2. The Ability to Make Capital Investments Has Improved – The new law permanently increases the amount of expenditures than can be deducted using Sect. 179 small business expensing from $500,000 to $1 million and increases the expenditure level at which the deduction begins to phase out from $2 million to $2.5 million indexed for inflation.
Immediate Expensing (bonus depreciation): Farmers and ranchers generally use bonus depreciation when expenditures exceed the Sect. 179 small business deduction limits. All farm structures qualify for the bonus depreciation deduction. The bill allows businesses to fully and immediately write off business investments through 2022 and expands the deduction to include used as well as new purchases. After 2022, the percentage deduction reduces by 20 percent each year until bonus depreciation is eliminated beginning in 2027.
Depreciation of Farm Machinery: The bills shorten the depreciation period for farm equipment and machinery from seven to five years.
Implications for 2017: Farmers and ranchers might consider making some year-end purchases of new or used equipment. The new law’s effective date for the expanded bonus depreciation rules start for property purchased on or after September 28, 2017.
3. Farmers and Ranchers Can Still Fully Deduct Their Property Taxes – If you normally expense your property taxes on agricultural land and other business property on a Schedule C, E, or F, you will continue to be able to fully deduct them. The new law does limit an individual’s ability to deduct their local property taxes and state income taxes at a combined $10,000, for those who itemize deductions.

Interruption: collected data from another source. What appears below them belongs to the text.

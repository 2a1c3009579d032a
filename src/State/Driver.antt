-- ===== src/State/Driver.antt =====
-- What database/sql and the SQLite driver may do to one call of a store method: at each point
-- where the method tests an error of theirs, numbered in the order of the method's text, the
-- driver reports one or it does not. A statement that reports an error has changed nothing.
use tempogate.Common.{ℕ, ◌≡◌, Bool, false}

abbrev pub Driver : Type 0
Driver = ℕ → Bool

-- A driver that answers every statement.
abbrev pub IsUp : Driver → Type 0
IsUp db = (n : ℕ) → db n ≡ false

abbrev pub up : Driver
up n = false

4. While Not Eliminated, the Estate Tax Exemption is Doubled – The new law doubles the estate tax exemption from $5.49 million to $11 million and indexes the exemption for inflation. Unfortunately, the increased exemption expires on December 31, 2025. The bill does not change current stepped-up basis rules.
5. Cash Accounting Expanded – The law expands the number of farm corporations and farm partnerships with a corporate partner that will be able to utilize cash accounting.
6. 1031 Exchanges are Continued for Real Property – The new law continues like-kind exchanges for buildings and land, however it would end for equipment and livestock.
7. Most Farms and Ranches Can Continue to Deduct Business Interest – The new law continues the interest deduction for businesses with less than $25 million of gross receipts indexed for inflation. Carryover rules are available to apply the excess interest expense to future years.
9. Obamacare Mandate is Repealed and Health Care Deduction is Maintained – The bill’s repeals of the individual mandate by removing the penalty for individuals who do not purchase health insurance. The new law also maintains the deduction for medical expenses for those who itemize deductions.
New Limits on Net Operating Losses (NOL) – The new law allows NOL to be carried forward indefinitely instead of current law 20 years but limits NOL to 80 percent of income. NOL can be carried back for two years instead of the five years as currently allowed for farms and ranches.
Implications for 2017: This should be discussed with your accountant.
10. Section 199 is Eliminated, but a Fix was Included. The new law allows farmers to receive a 20 percent deduction on all payments from a farmer cooperative. The deduction cannot exceed the taxpayer’s taxable income for the year. The cooperative will then receive a 20 percent deduction on gross income less payments to patrons, limited to the greater of 50 percent of wages, or 25 percent of wages plus 2.5 percent of the cooperative’s investment in property.